Originally Posted by
King Alboin
Take the "nothing can go faster than the speed of light" conjector.
Even Einstein with his TOR [theory of relativity] blows this one out of the water. Using his formula we get Energy by accelerating mass faster than the speed of light, not twice as fast but fast squared. therefore propter quo sic mass has gone beyond what nothing is said to not be able to do. The Universe's speed limit is broken, give mass a speeding ticket and call it's legal service, for the Universe cop's radar detector, detected mass soaring along at 34,700,983,524 billion miles per second or for those down under, 89,875,517,873.68176 billion kilometers per second.
If one was to believe nothing can go faster than the speed of light, and yet by accepting that Energy is mass going squared the speed of light, then the belief that nothing can go faster than the speed of light is a flawed belief system, simply because mass has been shown to go faster than the speed of light. We are not talking about light photons, here. We are talking about a set standard of measurement., albeit a light photon's speed in a vacuum, is used to set that speed standard for setting the speed limit.
Take said time measurements, now. Time dilation, sure, k ... impressive article, cept the professor spelt conterintuitive wrong, mayhaps he was writing his article at a diner and the waitress bent over to pour him a cup of coffee, ... idk.

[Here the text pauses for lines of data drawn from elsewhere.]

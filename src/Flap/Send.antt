-- ===== src/Flap/Send.antt =====
-- txqueue.c: sending to a socket, whatever the sizes of the pieces that it takes.
use irssi_icq.Base.{
  ==_refl, ℕ, Option, List, ◌<◌, ◌≤◌, ◌+◌, length, ◌≡◌, ◌++◌, some, suc, [], none, zero, ◌∙◌, ◌==◌,
  ◌∷◌, arith, false, true, Bool, ap, refl, length-drop, take, drop, append-nil, append_assoc,
  take-append-drop, ltb, if◌then◌else◌,
}
use native.Mathlib.Nat.{zero-add, add-zero}
use irssi_icq.Bstream
use irssi_icq.Bstream.{Bstream}
use irssi_icq.Bstream.View.{IsValid, written, length-written}
use irssi_icq.Ssi.Sync.Agree.{IsMemory}
use irssi_icq.Flap.{Conn, Frame, send_loop, bstream_send, sendframe_flap, flap_stream}
use irssi_icq.Flap.Receive.{positive}
use irssi_icq.Flap.Bytes.{encode_frame, rewind_lem, flap_stream_lem}

-- A socket that keeps what it took in `outgoing`: a call takes some of the next bytes, one at least.
pub record IsSink {S : Type 0} (send : S → List ℕ → Option ℕ × S) (outgoing : S → List ℕ)
    : Type 0 where
  pub takes :
      (s : S) (bytes : List ℕ)
      → 0 < length bytes
      → (n : ℕ) × ((send s bytes).0 ≡ some n)
        × (0 < n)
        × (n ≤ length bytes)
        × (outgoing (send s bytes).1 ≡ outgoing s ++ take n bytes)

room :
    (bs : Bstream)
    → IsValid bs
    → (if ltb (Bstream.empty (record bs { offset = 0 })) bs.offset
        then Bstream.empty (record bs { offset = 0 })
        else bs.offset)
      ≡ bs.offset
unfolding Bstream.empty
room bs v = ground (arith, v.within)

module _ {S : Type 0} (send : S → List ℕ → Option ℕ × S) where
  send_loop-round :
      (rounds : ℕ) (s : S) (b : ℕ) (left : List ℕ) (cur n : ℕ)
      → 0 < n
      → (send s (b ∷ left)).0 ≡ some n
      → send_loop send (suc rounds) s (b ∷ left) cur
        ≡ send_loop send rounds (send s (b ∷ left)).1 (drop n (b ∷ left)) (cur + n)
  send_loop-round rounds s b left cur n p e =
      unfold send_loop in rw (e, send_loop) (rw (positive n p) refl)

  send_loop-done : (rounds : ℕ) (s : S) (cur : ℕ) → send_loop send rounds s [] cur ≡ (some cur, s)
  unfolding send_loop
  send_loop-done zero s cur = refl
  send_loop-done (suc rounds) s cur = refl

  rewound :
      (bs : Bstream) (s : S)
      → IsValid bs
      → bstream_send send (record bs { offset = 0 }) s bs.offset
        ≡ send_loop send bs.offset s (written bs) 0
  unfolding bstream_send
  rewound bs s v = ap (λ n. send_loop send n s (take n bs.bytes) 0) (room bs v)

  -- The result of sendframe_flap, from that of aim_bstream_send.
  abbrev after_send : ℕ → Conn → Frame → ℕ → Option ℕ × S → Bool × Frame × Conn × S
  after_send now conn fr obslen r = (
    elim r.0 [ none ↦ false | some n ↦ n == obslen ],
    record fr { handled = 1 },
    record conn { lastactivity = now },
    r.1,
  )

  sendframe_flap-open :
      (mem : ℕ → List ℕ) (now : ℕ) (conn : Conn) (fr : Frame) (s : S)
      → sendframe_flap send mem now conn fr s ≡ (
          let obs = flap_stream mem fr in
          after_send now conn fr obs.offset (bstream_send send (Bstream.rewind obs) s obs.offset))
  unfolding sendframe_flap Bstream.curpos
  sendframe_flap-open mem now conn fr s = refl

  module _ (outgoing : S → List ℕ) (sink : IsSink send outgoing) where
    -- The loop sends all the bytes.
    send_loop_lem :
        (rounds : ℕ) (s : S) (left : List ℕ) (cur : ℕ)
        → length left ≤ rounds
        → (s' : S) × (send_loop send rounds s left cur ≡ (some (cur + length left), s'))
          × (outgoing s' ≡ outgoing s ++ left)
    send_loop_lem rounds s [] cur h = (s, rw add-zero (send_loop-done rounds s cur), rw append-nil)
    send_loop_lem zero s (b ∷ left) cur h = absurd (omega arith)
    send_loop_lem (suc rounds) s (b ∷ left) cur h =
        let (n, took, some_bytes, few, out) = sink.takes s (b ∷ left) (omega arith) in
        let (s', more, after) =
          send_loop_lem rounds (send s (b ∷ left)).1 (drop n (b ∷ left)) (cur + n)
            (omega (arith, length-drop n (b ∷ left))) in
        let all_sent : cur + n + length (drop n (b ∷ left)) ≡ cur + length (b ∷ left) =
          omega (arith, length-drop n (b ∷ left)) in
        (
          s',
          send_loop-round rounds s b left cur n some_bytes took ∙ (rw all_sent at more),
          after
              ∙ ap (λ o. o ++ drop n (b ∷ left)) out
              ∙ append_assoc (outgoing s) (take n (b ∷ left)) (drop n (b ∷ left))
              ∙ ap (◌++◌ (outgoing s)) (take-append-drop n (b ∷ left)),
        )

    -- A stream that is rewound sends what was written to it.
    bstream_send_lem :
        (bs : Bstream) (s : S)
        → IsValid bs
        → (s' : S) × (bstream_send send (Bstream.rewind bs) s bs.offset ≡ (some bs.offset, s'))
          × (outgoing s' ≡ outgoing s ++ written bs)
    bstream_send_lem bs s v =
        let (s', sent, after) =
          send_loop_lem bs.offset s (written bs) 0 (omega (arith, length-written bs v)) in
        (
          s',
          rw (rewind_lem bs) (rewound bs s v) ∙ (rw (zero-add, length-written bs v) at sent),
          after,
        )

    -- sendframe_flap succeeds: the socket takes the header and what was written to the payload,
    -- in this order and nothing else, in whatever pieces; the frame is handled, and the connection has the
    -- time of this.
    pub sendframe_flap-encode_frame :
        (mem : ℕ → List ℕ) (now : ℕ) (conn : Conn) (fr : Frame) (s : S)
        → IsMemory mem
        → IsValid fr.payload
        → (s' : S) × (sendframe_flap send mem now conn fr s
            ≡ (true, record fr { handled = 1 }, record conn { lastactivity = now }, s'))
          × (outgoing s' ≡ outgoing s ++ encode_frame fr)
    sendframe_flap-encode_frame mem now conn fr s mm v =
        let obs = flap_stream mem fr in
        let (valid, size, bytes) = flap_stream_lem mem fr mm v in
        let (s', sent, after) = bstream_send_lem obs s valid in
        (
          s',
          sendframe_flap-open mem now conn fr s
              ∙ ap (after_send now conn fr obs.offset) sent
              ∙ rw (==_refl obs.offset) refl,
          after ∙ ap (◌++◌ (outgoing s)) bytes,
        )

In my first post, I posit a query about a tennis/bob ball, of which a lego astronaut was the traveller. In my way of thinking, it dont matter if the little lego dude's onboard clock slows down, time itself does not slow down. Time on a linear timeline remains the same. The lego astronaut may have an illusionary perception that time slowed down for him, but although he was travelling within the tennis/bob ball, outside time did not change, not one iota. The galaxies did not speed up, and the Universe went about it's daily affair of expanding into nothingness. I argue that the acceleration may have an affect on machines, such as an atomic clock, but not on time itself. The measureing device I agree can have it's measuring apparatus circuit de-calibrate, but time, the linear foward movement of existance, remains constant. The "second", in miles per second [kilometers per second] used to denote a 1/60th of a minute is still a second, 1/60th of a minute.